+++ GIVEN ENTRIES +++

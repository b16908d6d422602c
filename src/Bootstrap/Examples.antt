-- ===== src/Bootstrap/Examples.antt =====
-- A file with one object of each kind, of which the mailbox and its credential are stored already.
use smtp_auth_proxy.Prelude.{◌≡◌, refl, false, Option, none, ◌∷◌, All, []}
use smtp_auth_proxy.Strings.{codes, str_eq, to_lower, trim_space, cut_prefix, last_index_byte}
use smtp_auth_proxy.Store.Models.{null_string, pos}
use smtp_auth_proxy.Store.Rows.{find, any}
use smtp_auth_proxy.Store.Directory.{Directory}
use smtp_auth_proxy.Store.Directory.Credentials.{get_credential_by_name}
use smtp_auth_proxy.Store.Directory.Mailboxes.{get_by_address}
use smtp_auth_proxy.Store.Directory.Accounts.{
  get_account_by_username, create_account, set_mailboxes, set_allowed_senders,
}
use smtp_auth_proxy.Policy.Address.{parse_address}
use smtp_auth_proxy.Policy.Fixtures.{plain_mail, mailbox}
use smtp_auth_proxy.Crypto.Fixtures.{glass}
use smtp_auth_proxy.Oauth.Fixtures.{registration}
use smtp_auth_proxy.Bootstrap.{File, Credential, Mailbox, Account, validate}
use smtp_auth_proxy.Bootstrap.Validation.{IsDeclared, validate-IsDeclared}
use smtp_auth_proxy.Bootstrap.Apply.{apply_file}
use smtp_auth_proxy.Bootstrap.Apply.Once.{apply_file-Extends}
use smtp_auth_proxy.Bootstrap.Apply.Progress.{Run, BootstrapError}
use smtp_auth_proxy.Bootstrap.Apply.Extension.{Extends}

abbrev file : File
file = record {
  credentials =
      (let c : Credential = record {
        name = codes "main";
        tenant_id = codes "tenant";
        client_id = codes "client";
        auth_type = codes "secret";
        client_secret = codes "hush";
        certificate_pem = [];
        certificate_key_pem = [];
        authority_host = [];
      } in
        c)
      ∷ [];
  mailboxes =
      (let m : Mailbox = record {
        address = codes "Box@example.org";
        display_name = [];
        credential = codes "main";
        transport = codes "graph";
        rate_limit_per_min = pos 10;
        max_concurrent = pos 0;
        disabled = false;
      } in
        m)
      ∷ [];
  accounts =
      (let a : Account = record {
        username = codes "printer";
        description = [];
        password_hash = codes "$argon2id$v=19$x";
        mailboxes = codes "box@example.org" ∷ [];
        default_mailbox = [];
        allowed_senders = [];
        from_policy = [];
        allow_cidrs = [];
        rate_limit_per_min = pos 0;
        disabled = false;
      } in
        a)
      ∷ [];
}

abbrev stored : Directory
stored = record {
  credentials = registration ∷ [];
  mailboxes = mailbox ∷ [];
  accounts = [];
  links = [];
  senders = [];
}

accepted : validate plain_mail file ≡ []
unfolding validate any str_eq parse_address trim_space last_index_byte cut_prefix
accepted = refl

validate-IsDeclared_example : All IsDeclared file.accounts
validate-IsDeclared_example = validate-IsDeclared plain_mail file accepted

apply_file-Extends_example :
    Extends stored
      (apply_file glass none false
        (λ n. codes "id")
        (λ n. (none, none))
        (λ a p. p)
        9
        stored
        file).0.directory
apply_file-Extends_example =
    apply_file-Extends glass none (λ n. codes "id") (λ n. (none, none)) (λ a p. p) 9 stored file

abbrev run : Run × Option BootstrapError
run = apply_file glass none false (λ n. codes "id") (λ n. (none, none)) (λ a p. p) 9 stored file

-- The account is new; the credential and the mailbox are skipped.
counted : (run.0.created ≡ 1) × (run.0.skipped ≡ 2) × (run.1 ≡ none)
unfolding apply_file get_credential_by_name find str_eq get_by_address to_lower
    get_account_by_username create_account any null_string set_mailboxes set_allowed_senders
counted = (refl, refl, refl)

+++

_YOUR INSTRUCTIONS_
Report back each line in the material above that contains the string "find".

_TASK RESPONSE_
use smtp_auth_proxy.Store.Rows.{find, any}
unfolding apply_file get_credential_by_name find str_eq get_by_address to_lower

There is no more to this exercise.